Actually, although i agree with your assessment of the guy playing the "dummy" in this case, I was referring to the guy demonstrating. The instructor's idea is totally sound about getting the other guy offline, but when he vacates center for that lop/punch to the back of the head, he's moving too much. I know that he can achieve the same effect  (putting yourself on the side of the opponent) without moving his own body so far.

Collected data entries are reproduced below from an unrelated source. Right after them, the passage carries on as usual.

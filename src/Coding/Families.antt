-- ===== src/Coding/Families.antt =====
-- To show something of every decoded instruction, it is enough to show it of each family.
use mathlib.Core.Option.{some-injective}
use mips.Prelude.{
  ℕ, ◌≡◌, String, List, [], ◌∷◌, some, arith, All, All-lookup, when, subst, ◌==◌, Bool-cases, inl,
  inr,
}
use mips.Isa.{Instruction, instruction}
use mips.Coding.Tables.{
  two_operand_immediate_opcodes, branch_opcodes, j_type_opcodes, memory_opcodes,
  constant_shift_funcs, variable_shift_funcs, three_reg_operand_funcs,
}
use mips.Coding.Decode.{
  Fields, immediate_instruction, decode_immediate, lui_instruction, decode_lui, branch_instruction,
  branch_named, decode_branch, jump_instruction, decode_jump, memory_instruction, decode_memory,
  constant_shift_instruction, decode_constant_shift, variable_shift_instruction,
  decode_variable_shift, three_registers_instruction, decode_three_registers, decode_jr,
  decode_jalr, decode_register, word_directive, decode_fields,
}
use mips.Coding.RoundTrip.Base.{when_numbered-eq-some, when-eq-some, or_else-all, or_try-all}

-- the names of branches with two registers and with one
abbrev pub two_register_branches : List String
two_register_branches = "BEQ" ∷ "BNE" ∷ []

abbrev pub one_register_branches : List String
one_register_branches = "BGEZ" ∷ "BLTZ" ∷ "BGTZ" ∷ "BLEZ" ∷ []

-- `P` of every instruction that `DecodeInstruction` makes from the fields `f` of the word `w`
pub record Families (P : Instruction → Type 0) (w : ℕ) (f : Fields) : Type 0 where
  pub immediate : All (λ e. P (immediate_instruction f e.1)) two_operand_immediate_opcodes
  pub upper : P (lui_instruction f)
  pub two_branches :
      All (λ n. P (branch_instruction f n (f.register_s ∷ f.register_t ∷ []))) two_register_branches
  pub one_branches : All (λ n. P (branch_instruction f n (f.register_s ∷ []))) one_register_branches
  pub jump : All (λ e. P (jump_instruction w e.1)) j_type_opcodes
  pub memory : All (λ e. P (memory_instruction f e.1)) memory_opcodes
  pub constant_shift : All (λ e. P (constant_shift_instruction f e.1)) constant_shift_funcs
  pub variable_shift : All (λ e. P (variable_shift_instruction f e.1)) variable_shift_funcs
  pub three_registers : All (λ e. P (three_registers_instruction f e.1)) three_reg_operand_funcs
  pub jr : P (instruction "JR" (f.register_s ∷ []))
  pub jalr : P (instruction "JALR" (f.register_d ∷ f.register_s ∷ []))
  pub directive : P (word_directive w)

module _ (P : Instruction → Type 0) (w : ℕ) (f : Fields) (all : Families P w f) where
  immediate-P : (i : Instruction) → decode_immediate f ≡ some i → P i
  unfolding decode_immediate
  immediate-P i h =
      let (name, found, made) =
        when_numbered-eq-some two_operand_immediate_opcodes f.opcode
          (λ n. some (immediate_instruction f n)) h in
      subst P (some-injective _ _ made) (
        All-lookup (λ e. P (immediate_instruction f e.1)) two_operand_immediate_opcodes f.opcode
          all.immediate found)

  lui-P : (i : Instruction) → decode_lui f ≡ some i → P i
  unfolding decode_lui
  lui-P i h = subst P same all.upper
    where
      same : lui_instruction f ≡ i
      same = ground arith

  jump-P : (i : Instruction) → decode_jump w f ≡ some i → P i
  unfolding decode_jump
  jump-P i h =
      let (name, found, made) =
        when_numbered-eq-some j_type_opcodes f.opcode (λ n. some (jump_instruction w n)) h in
      subst P (some-injective _ _ made)
        (All-lookup (λ e. P (jump_instruction w e.1)) j_type_opcodes f.opcode all.jump found)

  memory-P : (i : Instruction) → decode_memory f ≡ some i → P i
  unfolding decode_memory
  memory-P i h =
      let (name, found, made) =
        when_numbered-eq-some memory_opcodes f.opcode (λ n. some (memory_instruction f n)) h in
      subst P (some-injective _ _ made)
        (All-lookup (λ e. P (memory_instruction f e.1)) memory_opcodes f.opcode all.memory found)

  constant_shift-P : (i : Instruction) → decode_constant_shift f ≡ some i → P i
  unfolding decode_constant_shift
  constant_shift-P i h =
      let (name, found, made) =
        when_numbered-eq-some constant_shift_funcs f.func_field
          (λ n. when (f.register_s == 0) (constant_shift_instruction f n)) h in
      subst P ((when-eq-some f.register_s _ made).1) (
        All-lookup (λ e. P (constant_shift_instruction f e.1)) constant_shift_funcs f.func_field
          all.constant_shift found)

  variable_shift-P : (i : Instruction) → decode_variable_shift f ≡ some i → P i
  unfolding decode_variable_shift
  variable_shift-P i h =
      let (name, found, made) =
        when_numbered-eq-some variable_shift_funcs f.func_field
          (λ n. when (f.shift_amount == 0) (variable_shift_instruction f n)) h in
      subst P ((when-eq-some f.shift_amount _ made).1) (
        All-lookup (λ e. P (variable_shift_instruction f e.1)) variable_shift_funcs f.func_field
          all.variable_shift found)

  three_registers-P : (i : Instruction) → decode_three_registers f ≡ some i → P i
  unfolding decode_three_registers
  three_registers-P i h =
      let (name, found, made) =
        when_numbered-eq-some three_reg_operand_funcs f.func_field
          (λ n. when (f.shift_amount == 0) (three_registers_instruction f n)) h in
      subst P ((when-eq-some f.shift_amount _ made).1) (
        All-lookup (λ e. P (three_registers_instruction f e.1)) three_reg_operand_funcs f.func_field
          all.three_registers found)

  jr-P : (i : Instruction) → decode_jr f ≡ some i → P i
  unfolding decode_jr
  jr-P i h = subst P same all.jr
    where
      same : instruction "JR" (f.register_s ∷ []) ≡ i
      same = ground arith

  jalr-P : (i : Instruction) → decode_jalr f ≡ some i → P i
  unfolding decode_jalr
  jalr-P i h = subst P same all.jalr
    where
      same : instruction "JALR" (f.register_d ∷ f.register_s ∷ []) ≡ i
      same = ground arith

  abbrev NamedP : ℕ × String → Type 0
  NamedP (number, name) = (i : Instruction) → branch_named f name ≡ some i → P i

  one-P :
      (name : String)
      → P (branch_instruction f name (f.register_s ∷ []))
      → (t : ℕ) (i : Instruction)
      → when (t == 0) (branch_instruction f name (f.register_s ∷ [])) ≡ some i
      → P i
  one-P name p t i e = subst P (when-eq-some t _ e).1 p

  bltz-P : NamedP (1, "BLTZ")
  unfolding branch_named
  bltz-P i h = elim (Bool-cases (f.register_t == 1)) [
    | inl one ↦ one-P "BGEZ" all.one_branches.0 0 i (rw one at h)
    | inr other ↦ one-P "BLTZ" all.one_branches.1.0 f.register_t i (rw other at h)
  ]

  named-P : All NamedP branch_opcodes
  unfolding branch_named branch_opcodes
  named-P = (
    λ i e. subst P (some-injective _ _ e) all.two_branches.0,
    (
      bltz-P,
      (
        one-P "BGTZ" all.one_branches.1.1.0 f.register_t,
        (
          one-P "BLEZ" all.one_branches.1.1.1.0 f.register_t,
          (λ i e. subst P (some-injective _ _ e) all.two_branches.1.0, tt),
        ),
      ),
    ),
  )

  branch-P : (i : Instruction) → decode_branch f ≡ some i → P i
  unfolding decode_branch
  branch-P i h =
      let (name, found, made) = when_numbered-eq-some branch_opcodes f.opcode (branch_named f) h in
      All-lookup NamedP branch_opcodes f.opcode named-P found i made

  register-P : (i : Instruction) → decode_register f ≡ some i → P i
  unfolding decode_register
  register-P i h = elim (Bool-cases (f.opcode == 0)) [
    | inl zero ↦
        or_try-all P (decode_constant_shift f) _ constant_shift-P
          (or_try-all P (decode_variable_shift f) _ variable_shift-P (
            or_try-all P (decode_three_registers f) _ three_registers-P
              (or_try-all P (decode_jr f) (decode_jalr f) jr-P jalr-P)))
          i (rw zero at h)
    | inr other ↦ absurd (ground arith)
  ]

  pub decode_fields-all : P (decode_fields w f)
  unfolding decode_fields
  decode_fields-all = or_else-all P (decode_immediate f) _ immediate-P (
      or_else-all P (decode_lui f) _ lui-P (
        or_else-all P (decode_branch f) _ branch-P (
          or_else-all P (decode_jump w f) _ jump-P (
            or_else-all P (decode_memory f) _ memory-P
              (or_else-all P (decode_register f) _ register-P all.directive)))))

Remember as WC guys, we should be looking to make their movements bigger and ours smaller. Even an extra inch is a big statement for a WC guy.


----------



## mook jong man (Jan 3, 2013)

Eric_H said:


> Actually, although i agree with your assessment of the guy playing the "dummy" in this case, I was referring to the guy demonstrating. The instructor's idea is totally sound about getting the other guy offline, but when he vacates center for that lop/punch to the back of the head, he's moving too much. I know that he can achieve the same effect  (putting yourself on the side of the opponent) without moving his own body so far.
> 
> Remember as WC guys, we should be looking to make their movements bigger and ours smaller. Even an extra inch is a big statement for a WC guy.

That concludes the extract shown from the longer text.